I'm trying to find the best way to monitor the last status of multiple SQL jobs. Currently we receive a status email, however this is unreliable because depending on how much data the jobs have to process greatly effects the time for completion and the times we receive the email can vary by hours.
I see this topic was raised a couple times previously: Monitored for SQL failed jobs? This would bea good idea to have failed jobs write to the event log however this will only limit us to knowing about job failures only. I also came across Question about processing external emails through Nimbus which is an interesting workaround to the problem however it seems to require alot of initial customization to get off the ground.

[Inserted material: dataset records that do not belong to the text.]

-- ===== src/Handlers/Dispatcher/Registered.antt =====
-- The invariant between the two tables of src/piconaut/handlers/global_dispatcher_handler.h: every
-- node with a handler has a key of `routes_`.
use piconaut.Prelude.{
  ℕ, ◌≤◌, Str, length, Bool-cases, true, Option, none, some, or_old, List, [], ◌∷◌, Map, map,
  lookup, emplace, lookup-emplace, ◌≡◌, Option-cases, ◌⊎◌, refl, ◌∙◌, ap, nat_eq, list_eq,
  nat_beq_iff, ◌==◌, inl, inr,
}
use piconaut.Utils.Strings.{npos}
use piconaut.Utils.Strings.Split.{split}
use piconaut.Routers.Pattern.{is_valid_route}
use piconaut.Routers.Node.{RouterNode, new_node, key, handler, find_child}
use piconaut.Routers.Router.{RouterMatchResult, normalized_part, is_empty, match_route, match_parts}
use piconaut.Routers.Router.Walk.{walk, route_of, route_at, route_at-add_parts}
use piconaut.Routers.Router.Resolution.{resolve}
use piconaut.Routers.Router.Paths.{match_route_lem}
use piconaut.Http.Request.{H2oReq, get_path}
use piconaut.Http.Response.{Exchange, InlineFault, send}
use piconaut.Handlers.Dispatcher.{
  Route, make_route, Executor, dispatcher_fn, GlobalDispatcherHandler, Outcome, thrown,
  new_dispatcher, done, dispatcher, not_found, register_route_handler, handle_impl,
}
use piconaut.Handlers.Dispatcher.Dispatching.{
  no_function, handle_found, handle_inner, handle_not_found, register_valid, register_invalid,
}

module _ {Hd : Type 0} where
  -- What a node holds: a handler with a key that stands in the table, or no handler and the key 0.
  abbrev pub Backed : Map ℕ (Route Hd) → ℕ × Option Executor → Type 0
  Backed routes (k, none) = k ≡ 0
  Backed routes (k, some h) = (route : Route Hd) × (lookup k routes ≡ some route)

  pub record IsRegistered (d : GlobalDispatcherHandler Hd) : Type 0 where
    pub backed : (names : List Str) → Backed d.routes (route_at names d.router.root)

  pub IsRegistered-new : IsRegistered new_dispatcher
  IsRegistered-new = record { backed = λ names. nothing names }
    where
      nothing : (names : List Str) → Backed [] (route_at names (new_node {H = Executor}))
      nothing [] = unfold route_at walk in refl
      nothing (name ∷ names) = unfold route_at walk find_child in refl

  emplaced :
      (k j : ℕ) (route : Route Hd) (routes : Map ℕ (Route Hd))
      → (old : Route Hd) × (lookup j routes ≡ some old)
      → (now : Route Hd) × (lookup j (emplace k route routes) ≡ some now)
  emplaced k j route routes (old, e) = elim (Bool-cases (k == j)) [
    | inl same ↦ (or_old (lookup k routes) route, lookup-emplace k j route routes ∙ rw same refl)
    | inr other ↦ (old, lookup-emplace k j route routes ∙ rw other e)
  ]

  pub Backed-emplace :
      (k : ℕ) (route : Route Hd) (routes : Map ℕ (Route Hd)) (r : ℕ × Option Executor)
      → Backed routes r
      → Backed (emplace k route routes) r
  Backed-emplace k route routes (j, none) b = b
  Backed-emplace k route routes (j, some h) b = emplaced k j route routes b

  Backed-new :
      (k : ℕ) (route : Route Hd) (routes : Map ℕ (Route Hd))
      → Backed (emplace k route routes) (k, some dispatcher_fn)
  Backed-new k route routes = (
    or_old (lookup k routes) route,
    lookup-emplace k k route routes ∙ rw ((nat_beq_iff k k).1 refl) refl,
  )

  module _ (hasher : Str → ℕ) (path : Str) (handler : Option Hd)
      (d : GlobalDispatcherHandler Hd) where
    register_valid-IsRegistered :
        is_valid_route path ≡ true
        → length path ≤ npos
        → IsRegistered d
        → IsRegistered (register_route_handler hasher path handler d).0
    register_valid-IsRegistered valid fits i = record {
      backed = λ names.
          rw (register_valid hasher path handler d valid fits, route_at-add_parts)
            (elim (Bool-cases (names == map normalized_part (split b'/' path))) [
              | inl e ↦
                  rw e (Backed-new (hasher path) (make_route (hasher path) path handler) d.routes)
              | inr e ↦ rw e (
                  Backed-emplace (hasher path) (make_route (hasher path) path handler) d.routes
                    (route_at names d.router.root) (i.backed names))
            ]);
    }

    -- register_route_handler keeps IsRegistered (every node of the router with a handler has a key
    -- of routes_, and every other node has the key 0) for every path no longer than npos, valid or
    -- refused.
    pub register-IsRegistered :
        length path ≤ npos
        → IsRegistered d
        → IsRegistered (register_route_handler hasher path handler d).0
    register-IsRegistered fits i = elim (Bool-cases (is_valid_route path)) [
      | inl valid ↦ register_valid-IsRegistered valid fits i
      | inr invalid ↦ rw (register_invalid hasher path handler d invalid) i
    ]

pub no_executor :
    (result : RouterMatchResult Executor) → is_empty result ≡ true → result.executor ≡ none
unfolding is_empty
no_executor result e = elim (Option-cases result.executor) [
  | inl n ↦ n
  | inr (fn, s) ↦ cc (rw s at e)
]

module _ {Hd : Type 0} (handle_request : Hd → H2oReq → Map Str Str → Exchange → Outcome)
    (fault : InlineFault) (req : H2oReq) (r : Exchange) where
  -- The three ways in which a request is handled, by what the router has found: nothing, a node
  -- without a handler, or a node of a route, of which the handler is called.
  abbrev pub IsHandled :
      Map ℕ (Route Hd) → RouterMatchResult Executor × Map Str Str → Outcome → Type 0
  IsHandled routes (result, params) outcome =
      ((result.executor ≡ none) × (outcome ≡ done (send fault not_found 404 r)))
      ⊎ (((result.executor ≡ some none) × (outcome ≡ thrown (no_function (lookup 0 routes))))
          ⊎ ((k : ℕ) × (route : Route Hd) × (result.executor ≡ some (some dispatcher_fn))
              × (result.key ≡ some k)
              × (lookup k routes ≡ some route)
              × (outcome ≡ dispatcher handle_request fault req route.req_handler params r)))

module _ {Hd : Type 0} (handle_request : Hd → H2oReq → Map Str Str → Exchange → Outcome)
    (fault : InlineFault) (d : GlobalDispatcherHandler Hd) (req : H2oReq) (r : Exchange) where
  abbrev Handled : Type 0
  Handled =
      IsHandled handle_request fault req r d.routes (match_route (get_path req) [] d.router)
        (handle_impl handle_request fault d req r)

  found_node :
      (k : ℕ) (h : Option Executor) (params : Map Str Str)
      → Backed d.routes (k, h)
      → match_route (get_path req) [] d.router
        ≡ (record { executor = some h; key = some k }, params)
      → Handled
  found_node k none params b e = rw e (
      inr (
        inl (
          refl,
          handle_inner handle_request fault d req r k params e
              ∙ ap (λ j. thrown (no_function (lookup j d.routes))) b,
        )))
  found_node k (some dispatcher_fn) params (route, at) e = rw e (
      inr (
        inr (
          k,
          route,
          refl,
          refl,
          at,
          handle_found handle_request fault d req r k params route e at,
        )))

  routes_at :
      (names : List Str) (found : RouterNode Executor)
      → walk names d.router.root ≡ some found
      → route_at names d.router.root ≡ (key found, handler found)
  routes_at names found e = unfold route_at in ap route_of e

  -- While every node with a handler has a key of routes_ and every other node has the key 0
  -- (IsRegistered), and the request path is no longer than npos, handle_impl does one of three
  -- things (IsHandled): it answers 404 where the router finds nothing; it throws where the router
  -- finds a node without a handler, std::bad_function_call if 0 is a key of routes_ and
  -- std::out_of_range if not; and else it calls the handler that routes_ has under the key found,
  -- with what the router has captured.
  pub handle-cases :
      IsRegistered d
      → length (get_path req) ≤ npos
      → IsHandled handle_request fault req r d.routes
          (match_route (get_path req) [] d.router)
          (handle_impl handle_request fault d req r)
  handle-cases i fits = elim (Bool-cases (is_empty (match_route (get_path req) [] d.router).0)) [
    | inl empty ↦ inl (no_executor _ empty, handle_not_found handle_request fault d req r empty)
    | inr full ↦
        let lem = match_route_lem (get_path req) [] d.router fits in
        let found = resolve (split b'/' (get_path req)) [] d.router.root (rw lem at full) in
        found_node (key found.found) (handler found.found) _
          (rw (routes_at found.names found.found found.there) at (i.backed found.names))
          (lem
            ∙ ap (λ x. (x, (match_parts (split b'/' (get_path req)) [] d.router.root).1))
                found.result)
  ]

I was going down the path of creating a SQL query to pull job information, run time, job status, and job outcome like the following:
USE MSDB SELECT name AS [syspolicy_purge_history] ,CONVERT(VARCHAR,DATEADD(S,(run_time/10000)*60*60 /* hours */ +((run_time - (run_time/10000) * 10000)/100) * 60 /* mins */ + (run_time - (run_time/100) * 100) /* secs */ ,CONVERT(DATETIME,RTRIM(run_date),113)),100) AS [Time Run] ,CASE WHEN enabled=1 THEN 'Enabled' ELSE 'Disabled' END [Job Status] ,CASE WHEN SJH.run_status=0 THEN 'Failed' WHEN SJH.run_status=1 THEN 'Succeeded' WHEN SJH.run_status=2 THEN 'Retry' WHEN SJH.run_status=3 THEN 'Cancelled' ELSE 'Unknown' END [Job Outcome] FROM sysjobhistory SJH JOIN sysjobs SJ ON SJH.job_id=sj.job_id WHERE step_id=0 AND DATEADD(S, (run_time/10000)*60*60 /* hours */ +((run_time - (run_time/10000) * 10000)/100) * 60 /* mins */ + (run_time - (run_time/100) * 100) /* secs */, CONVERT(DATETIME,RTRIM(run_date),113)) >= DATEADD(d,-1,GetDate()) ORDER BY name,run_date,run_time
I attempted to use the SQL response probe to check the column Job Outcome and generate alarms against anything other than Succeeded however it seems it will only accepts numeric values. Is it possible to compare a word using the regular expression comparison under the alarms?